Cruzavam-se em silêncio, magoados. Estavam separados pelas divergências inconciliáveis de uma relação que nunca deveria ter acontecido. Mas aconteceu, para desassossego dos dois.

Não voltaram a falar depois, mas todos os dias cumpriam o estranho ritual ressentido. Ele sofria e não sabia se com ela se passaria igual. Nenhum deles encontraria uma forma de contornar a situação derradeira, aquela que os havia empurrado para longe um do outro, como carrinhos de choque em permanente rota de colisão. Batiam e fugiam, batiam e fugiam. Até que a última volta chegou.
Um dia os seus feitios embateram sem pára-choques e os danos não se ficaram pela mossa habitual. Foi perda total e a pista fechou.

O velho Baptista, no entanto, olhava para o tempo que restava e torcia-se por dentro de cada vez que a observava sem poder trocar uma palavra sequer. E aquela mulher, tudo em si o gritava, tornara-se uma parte importante, essencial até, do seu quotidiano. Algo que não conseguia explicar, vinha de dentro, incontrolável. Achava-se cheio de razões para nada mais querer daquela pessoa e entendia que assim fosse também do outro lado da questão.

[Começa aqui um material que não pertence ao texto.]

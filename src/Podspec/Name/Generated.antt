-- ===== src/Podspec/Name/Generated.antt =====
-- The names that are made up when a container is created without one (internal/podspec/name.go).
use mathlib.Core.Path.{subst}
use mathlib.Core.List.{reverse-append, reverse-cons}
use docker_in_kubernetes.Prelude.{
  ℕ, zero, suc, ◌≤◌, ◌<◌, ◌≡◌, ◌≢◌, refl, ap, ◌∙◌, inl, inr, true, List, [], ◌∷◌, ◌++◌, reverse,
  Text, text, arith, length, length-append, take, All, All-append, All-imp, Option-cases, lt→ltb,
  take_of_length-le,
}
use docker_in_kubernetes.Podspec.Name.{
  is_alnum, sanitize_name, image_base, generated_stem, generated_name,
}
use docker_in_kubernetes.Podspec.Name.Trim.{IsNameChar, StartsAlnum, IsLabel}
use docker_in_kubernetes.Podspec.Name.Sane.{sanitize_name-IsLabel}

dink-IsLabel : IsLabel (text "dink")
unfolding text is_alnum
dink-IsLabel = record {
  chars = (inl refl, (inl refl, (inl refl, (inl refl, tt))));
  first = refl;
  last = refl;
  short = omega arith;
}

prefix-ne-nil : (s : Text) → text "dink-" ++ s ≢ []
unfolding text
prefix-ne-nil s e = cc

pub generated_stem-IsLabel : (image : Text) → IsLabel (generated_stem image)
unfolding generated_stem
generated_stem-IsLabel image =
    elim (Option-cases (sanitize_name [] (text "dink-" ++ image_base image))) [
      | inl failed ↦ rw (failed, generated_stem) dink-IsLabel
      | inr (clean, done) ↦
          rw (done, generated_stem)
            (sanitize_name-IsLabel [] (text "dink-" ++ image_base image) clean
              (prefix-ne-nil (image_base image)) done)
    ]

take_within {ℓ} :
    {A : Type ℓ} (n : ℕ) (xs ys : List A) → n ≤ length xs → take n (xs ++ ys) ≡ take n xs
take_within zero xs ys h = refl
take_within (suc n) [] ys h = absurd (omega arith)
take_within (suc n) (x ∷ xs) ys h = rw (take_within n xs ys (omega arith))

take_one_more {ℓ} :
    {A : Type ℓ} (xs : List A) (y : A) (ys : List A)
    → take (suc (length xs)) (xs ++ y ∷ ys) ≡ xs ++ y ∷ []
take_one_more [] y ys = refl
take_one_more (x ∷ xs) y ys = rw (take_one_more xs y ys)

StartsAlnum-append : (s t : Text) → StartsAlnum s → StartsAlnum (s ++ t)
StartsAlnum-append [] t h = absurd h
StartsAlnum-append (c ∷ s) t h = h

reverse-StartsAlnum : (s : Text) → All (λ c. is_alnum c ≡ true) s → s ≢ [] → StartsAlnum (reverse s)
reverse-StartsAlnum [] h ne = absurd (ne refl)
reverse-StartsAlnum (c ∷ []) h ne = h.0
reverse-StartsAlnum (c ∷ d ∷ s) h ne =
    rw (reverse-cons c (d ∷ s))
      (StartsAlnum-append (reverse (d ∷ s)) (c ∷ []) (reverse-StartsAlnum (d ∷ s) h.1 (λ e. cc)))

length-pos : (s : Text) → s ≢ [] → 0 < length s
length-pos [] ne = absurd (ne refl)
length-pos (c ∷ s) ne = omega arith

dash-not-last : (s : Text) → ¬ IsLabel (s ++ b'-' ∷ [])
unfolding is_alnum
dash-not-last s label = cc (subst StartsAlnum (reverse-append s (b'-' ∷ [])) label.last)

module _ (image suffix : Text) where
  -- With a stem of at most 56 characters and six random letters or digits, the generated name is a
  -- label by RFC 1123 that ends with the whole suffix.
  pub generated_name-IsLabel :
      length (generated_stem image) ≤ 56
      → length suffix ≡ 6
      → All (λ c. is_alnum c ≡ true) suffix
      → (generated_name image suffix ≡ generated_stem image ++ b'-' ∷ suffix)
        × IsLabel (generated_name image suffix)
  generated_name-IsLabel short six hex = (
    whole,
    rw whole (record {
      chars =
          All-append IsNameChar stem (b'-' ∷ suffix) label.chars
            (inr refl, All-imp (λ c h. inl h) suffix hex);
      first = StartsAlnum-append stem (b'-' ∷ suffix) label.first;
      last =
          rw (reverse-append stem (b'-' ∷ suffix), reverse-cons b'-' suffix)
            (StartsAlnum-append _ (reverse stem) (
              StartsAlnum-append (reverse suffix) (b'-' ∷ [])
                (reverse-StartsAlnum suffix hex suffix-ne-nil)));
      short = omega (arith, length-append stem (b'-' ∷ suffix));
    }),
  )
    where
      stem : Text
      stem = generated_stem image

      label : IsLabel (generated_stem image)
      label = generated_stem-IsLabel image

      whole : generated_name image suffix ≡ generated_stem image ++ b'-' ∷ suffix
      whole =
          unfold generated_name in
          ground (arith, length-append (generated_stem image) (b'-' ∷ suffix))

      suffix-ne-nil : suffix ≢ []
      suffix-ne-nil e = absurd (omega (arith, ap length e))

  -- With a stem of 62 characters the name ends with a dash, and is no label.
  pub generated_name_dash :
      length (generated_stem image) ≡ 62
      → suffix ≢ []
      → (generated_name image suffix ≡ generated_stem image ++ b'-' ∷ [])
        × ¬ IsLabel (generated_name image suffix)
  generated_name_dash long ne =
      (cut_off, λ label. dash-not-last (generated_stem image) (subst IsLabel cut_off label))
    where
      over : 63 < length (generated_stem image ++ b'-' ∷ suffix)
      over =
          omega (arith, length-append (generated_stem image) (b'-' ∷ suffix), length-pos suffix ne)

      cut_off : generated_name image suffix ≡ generated_stem image ++ b'-' ∷ []
      cut_off =
          unfold generated_name in
          rw (lt→ltb 63 (length (generated_stem image ++ b'-' ∷ suffix)) over) (
            ap (λ n. take n (generated_stem image ++ b'-' ∷ suffix)) sixty_three
            ∙ take_one_more (generated_stem image) b'-' suffix)
        where
          sixty_three : 63 ≡ suc (length (generated_stem image))
          sixty_three = omega arith

  -- With a stem of 63 characters the random suffix is cut off: every suffix gives the same name.
  pub generated_name_clash :
      length (generated_stem image) ≡ 63 → generated_name image suffix ≡ generated_stem image
  generated_name_clash long =
      unfold generated_name in
      rw (lt→ltb 63 (length (generated_stem image ++ b'-' ∷ suffix)) over) (
        take_within 63 (generated_stem image) (b'-' ∷ suffix) (omega arith)
        ∙ take_of_length-le 63 (generated_stem image) (omega arith))
    where
      over : 63 < length (generated_stem image ++ b'-' ∷ suffix)
      over = omega (arith, length-append (generated_stem image) (b'-' ∷ suffix))
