-- ===== src/Podspec/Ports/Spec.antt =====
-- Port specifications (parsePortSpec of internal/podspec/spec.go).
use docker_in_kubernetes.Prelude.{
  ℕ, ◌≤◌, ◌<◌, ◌≡◌, refl, inl, inr, true, false, not, [], ◌∷◌, ◌++◌, Text, text, arith,
  text_eq_refl, cut, cut-append, cut_absent, contains, parse_uint, parse_uint-itoa, parse_uint-le,
  itoa, itoa_digits, IsDigit, All, if◌then◌else◌, Bool-cases, Option-cases,
}
use docker_in_kubernetes.Podspec.Ports.{ok, err, parse_port_spec, parse_port_number, is_known}

digits_no_slash : (s : Text) → All IsDigit s → contains s b'/' ≡ false
unfolding contains
digits_no_slash [] h = refl
digits_no_slash (c ∷ s) h = ground (arith, digits_no_slash s h.1)

number_lem :
    (n : ℕ) (proto : Text) → 0 < n → n ≤ 65535 → parse_port_number (itoa n) proto ≡ ok (n, proto)
unfolding parse_port_number
number_lem n proto h k = ground (arith, parse_uint-itoa 65535 n)

-- A port from 1 to 65535 printed with a protocol that is supported is parsed back, and so is the
-- bare number, as TCP.
pub parse_port_spec-print :
    (n : ℕ) (proto : Text)
    → 0 < n
    → n ≤ 65535
    → is_known proto ≡ true
    → (parse_port_spec (itoa n ++ b'/' ∷ proto) ≡ ok (n, proto))
      × (parse_port_spec (itoa n) ≡ ok (n, text "tcp"))
unfolding parse_port_spec
parse_port_spec-print n proto h k known = (
  rw (cut-append (itoa n) proto b'/' (digits_no_slash (itoa n) (itoa_digits n)), known)
      (number_lem n proto h k),
  rw
      (
        cut_absent (itoa n) b'/' (digits_no_slash (itoa n) (itoa_digits n)),
        text_eq_refl (text "tcp"),
      )
      (number_lem n (text "tcp") h k),
)

number_sound :
    (port proto : Text) (n : ℕ) (p : Text)
    → parse_port_number port proto ≡ ok (n, p)
    → (0 < n) × (n ≤ 65535) × (p ≡ proto)
unfolding parse_port_number
number_sound port proto n p h = elim (Option-cases (parse_uint 65535 port)) [
  | inl bad ↦ absurd (ground arith)
  | inr (m, good) ↦ ground (arith, parse_uint-le 65535 m port good)
]

checked_sound :
    (port proto e : Text) (n : ℕ) (p : Text)
    → (if not (is_known proto) then err e else parse_port_number port proto) ≡ ok (n, p)
    → (0 < n) × (n ≤ 65535) × (is_known p ≡ true)
checked_sound port proto e n p h = elim (Bool-cases (is_known proto)) [
  | inl known ↦ ground (arith, number_sound port proto n p)
  | inr unknown ↦ absurd (ground arith)
]

-- Whatever is parsed is a port from 1 to 65535 with a protocol that is supported.
pub parse_port_spec_sound :
    (s : Text) (n : ℕ) (proto : Text)
    → parse_port_spec s ≡ ok (n, proto)
    → (0 < n) × (n ≤ 65535) × (is_known proto ≡ true)
unfolding parse_port_spec
parse_port_spec_sound s n proto h =
    let (port, after, found) = cut s b'/' in
    checked_sound port (if found then after else text "tcp") _ n proto h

Um dia entrou pelo tasco cheio de determinação. Passou de raspão pela mesa dela, linda como sempre, e deixou tombar sobre o tampo um pedaço de papel.
Depois saiu, mirando à distância a expressão desdenhosa que ela exibira quando lera o que ele havia escrito, antes de o amarrotar e deitar para o chão.
O papel dizia apenas “Não”.

Dias depois, o velho Baptista repetiu a graça.
Outro papel amarrotado, outro esgar incomodado. Mas ele não desistia do que abraçara como uma missão. Trazia o papel na mão, saturado do afastamento que entendia como um cruel castigo.
O segundo papel dizia “Consigo”.

Durante uns tempos, o ancião não apareceu no tasco e ela temeu o pior. Mas não deixava transparecer, orgulhosa, mantinha-se ciosa da sua razão.
Recordava cada uma das asneiras que ele cometera na sua perspectiva. E não reconhecia a sua parte da culpa. Pelo menos não a admitia.
Mas também ela sentia a necessidade de o ver de vez em quando, sozinho, numa mesa qualquer daquele espaço comum.

Disfarçou a alegria que sentiu quando o viu regressar, com um ar abatido, estivera doente talvez. E ele passou pela mesa devagar, olhos nos olhos dela, e deixou o terceiro recado com uma expressão de dor.
Dizia apenas “Viver”.

E ela, intrigada, fingiu-se amuada e machucou-o como aos anteriores enquanto ele espreitava pela montra e seguia o seu caminho habitual.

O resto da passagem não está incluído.